Here is my point: The only reason the Dolphins had to seriously, seriously want to trade Jason Taylor is because they are rebuilding and a Taylor who intends to play one more season isn't as valuable as a draft pick because by the time the team is good again, Taylor would be out of the league.

But if Taylor tells the Dolphins, he's playing until the end of this contract and, in fact, says he's playing "as long as I can," that definitely changes EVERYTHING. Suddenly the team should be thinking it has a pretty good player, one who is rarely injured, for 2009 when the team is hoping to be very competitive and perhaps beyond -- maybe to 2010 when thoughts of playoffs might be on everyone's mind again.

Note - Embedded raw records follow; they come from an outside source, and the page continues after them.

-- ===== src/Validator/Tests.antt =====
-- The theorems on the batcher and its helpers at concrete values.
use subnet.Base.{
  pos, false, some, [], ◌∷◌, ◌++◌, replicate, length, ◌≡◌, ◌↔◌, inl, inr, refl, arith,
}
use subnet.Samples.{fixed, hashes, rng, sized, fixed_ranked, rng-IsRng}
use subnet.Base.Text.{codes}
use subnet.Protocol.Samples.{request, tokens40, certain}
use subnet.Protocol.Bytes.{clean_hex, from_hex}
use subnet.Validator.Verifier.{verify_logprobs_claim}
use subnet.Validator.Verifier.Layouts.{verify_logprobs_claim_layouts}
use subnet.Validator.Samples.{world, cooldown, opened, late_request, submission, busy}
use subnet.Validator.Cooldown.{CooldownMap, is_in_cooldown}
use subnet.Validator.Selection.{select_batch}
use subnet.Validator.Selection.Fifo.{Served, select_batch-Served}
use subnet.Validator.Batcher.State.{
  init, count_reject, accept_submission, verify, gates, seal_batch,
}
use subnet.Validator.Batcher.Admission.{IsAdmissible}
use subnet.Validator.Batcher.Claims.{accepted_response, IsConsistent}
use subnet.Validator.Batcher.Acceptance.{accept_submission_iff}
use subnet.Validator.Batcher.Runs.{accept_all, window-IsConsistent, first_claim_wins}
use subnet.Validator.Batcher.Sealing.{earliest, CoolsDown, seal_batch-IsConsistent}

accept_submission_iff_example :
    ((accept_submission world cooldown (pos 5) request opened).0 ≡ some accepted_response)
    ↔ IsAdmissible world cooldown opened request
accept_submission_iff_example =
    accept_submission_iff world cooldown (pos 5) request opened (refl, refl)

window-IsConsistent_example : IsConsistent world cooldown (
    accept_all world cooldown
      ((pos 5, request) ∷ (pos 6, late_request) ∷ (pos 7, request) ∷ [])
      opened)
unfolding init
window-IsConsistent_example =
    window-IsConsistent world cooldown
      ((pos 5, request) ∷ (pos 6, late_request) ∷ (pos 7, request) ∷ []) 3 false "0aff" "c"
      ((refl, refl), ((refl, refl), ((refl, refl), tt)))

busy-IsConsistent : IsConsistent world cooldown busy
unfolding is_in_cooldown
busy-IsConsistent = record {
  distinct = ((λ m. elim m [ inl e ↦ absurd (omega (arith, e)) | inr n ↦ n ]), ((λ m. m), tt));
  eligible = (refl, (refl, tt));
  claims = λ p. (
    (λ m. elim m [ inl e ↦ inr (inl e) | inr (inl e) ↦ inl e | inr (inr n) ↦ absurd n ]),
    (λ m. elim m [ inl e ↦ inr (inl e) | inr (inl e) ↦ inl e | inr (inr n) ↦ absurd n ]),
  );
  sealed = refl;
}

first_claim_wins_example : submission 7 "b" (pos 10) ≡ submission 7 "b" (pos 10)
unfolding accept_all accept_submission verify gates count_reject
first_claim_wins_example =
    first_claim_wins world cooldown ((pos 6, late_request) ∷ []) busy (submission 7 "b" (pos 10))
      (submission 7 "b" (pos 10)) ((refl, refl), tt) busy-IsConsistent (inr (inl refl))
      (inr (inl refl)) refl

seal_batch-IsConsistent_example :
    (cooldown' : CooldownMap) × (seal_batch world cooldown busy
      ≡ some (earliest world busy, cooldown'))
    × (length (earliest world busy) ≡ 2)
    × CoolsDown 3 (earliest world busy) cooldown cooldown'
seal_batch-IsConsistent_example = seal_batch-IsConsistent world cooldown busy busy-IsConsistent

select_batch-Served_example :
    Served fixed sized codes cooldown 3 fixed_ranked 1
      (submission 8 "a" (pos 20))
      (select_batch fixed sized codes busy.valid 1 3 cooldown)
unfolding is_in_cooldown
select_batch-Served_example =
    select_batch-Served fixed sized codes cooldown 3 fixed_ranked busy.valid 1
      (submission 8 "a" (pos 20)) (inl refl) refl

verify_logprobs_claim_layouts_example :
    verify_logprobs_claim fixed hashes rng tokens40 4 36
      (replicate 4 (pos 1) ++ replicate 36 (pos 0))
      certain
      "0aff"
    ≡ verify_logprobs_claim fixed hashes rng tokens40 4 36 (replicate 36 (pos 0)) certain "0aff"
unfolding clean_hex from_hex
verify_logprobs_claim_layouts_example =
    verify_logprobs_claim_layouts fixed hashes rng rng-IsRng tokens40 (replicate 4 (pos 1))
      (replicate 36 (pos 0)) certain "0aff" {seed = 10 ∷ 255 ∷ []} refl (omega arith) refl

Suddenly the entire picture is different.

Fantasy, you say? Well, are you aware that Taylor would be 37 years old in 2010? In 2004 when Michael Strahan (who Taylor respects) was 33 years old as Taylor is now, his team was 6-10 and finished last in the NFC East? Three years later Strahan, at 37, was a key contributor on a Super Bowl champion. Things change in the NFL. They change quickly.

And the irony here is that the posturing about getting one final chance to win it all is bunk now because the Redskins, with all due respect to those guys that wear pig noses and dresses on Sundays, don't look like much of a legit title contender.

Yes, they made the playoffs last year, but they could just as easily take a step back this year because they don't have Joe Gibbs anymore, they still have an unproven QB, their defensive coordinator isn't as good, they won't have the momentous emotional lift that brought them together last year when Sean Taylor was tragically cut down, and they still play in the world's toughest football division.

Maybe JT hasn't noticed but the Cowboys are loaded. Maybe he hasn't noticed but the Giants won the Super Bowl. Maybe he hasn't noticed but the Eagles, which finished last in the division with an 8-8 record last year, are healthy and added several high-priced free agents. They also have a better coaching staff than Washington now.

So the Redskins have absolutely zero guarantee of making any playoffs. Yet that was enough to make him about-face on the one-and-done statement?

I wouldn't be surprised if the Redskins are watching the playoffs on TV this year, just as the Dolphins probably will be. I wouldn't be surprised that by 2010 the Dolphins have passed the Redskins on talent.

And, given his recent history, I wouldn't be surprised if sometime in the next 12-13 months, Taylor changes course on this issue. Again.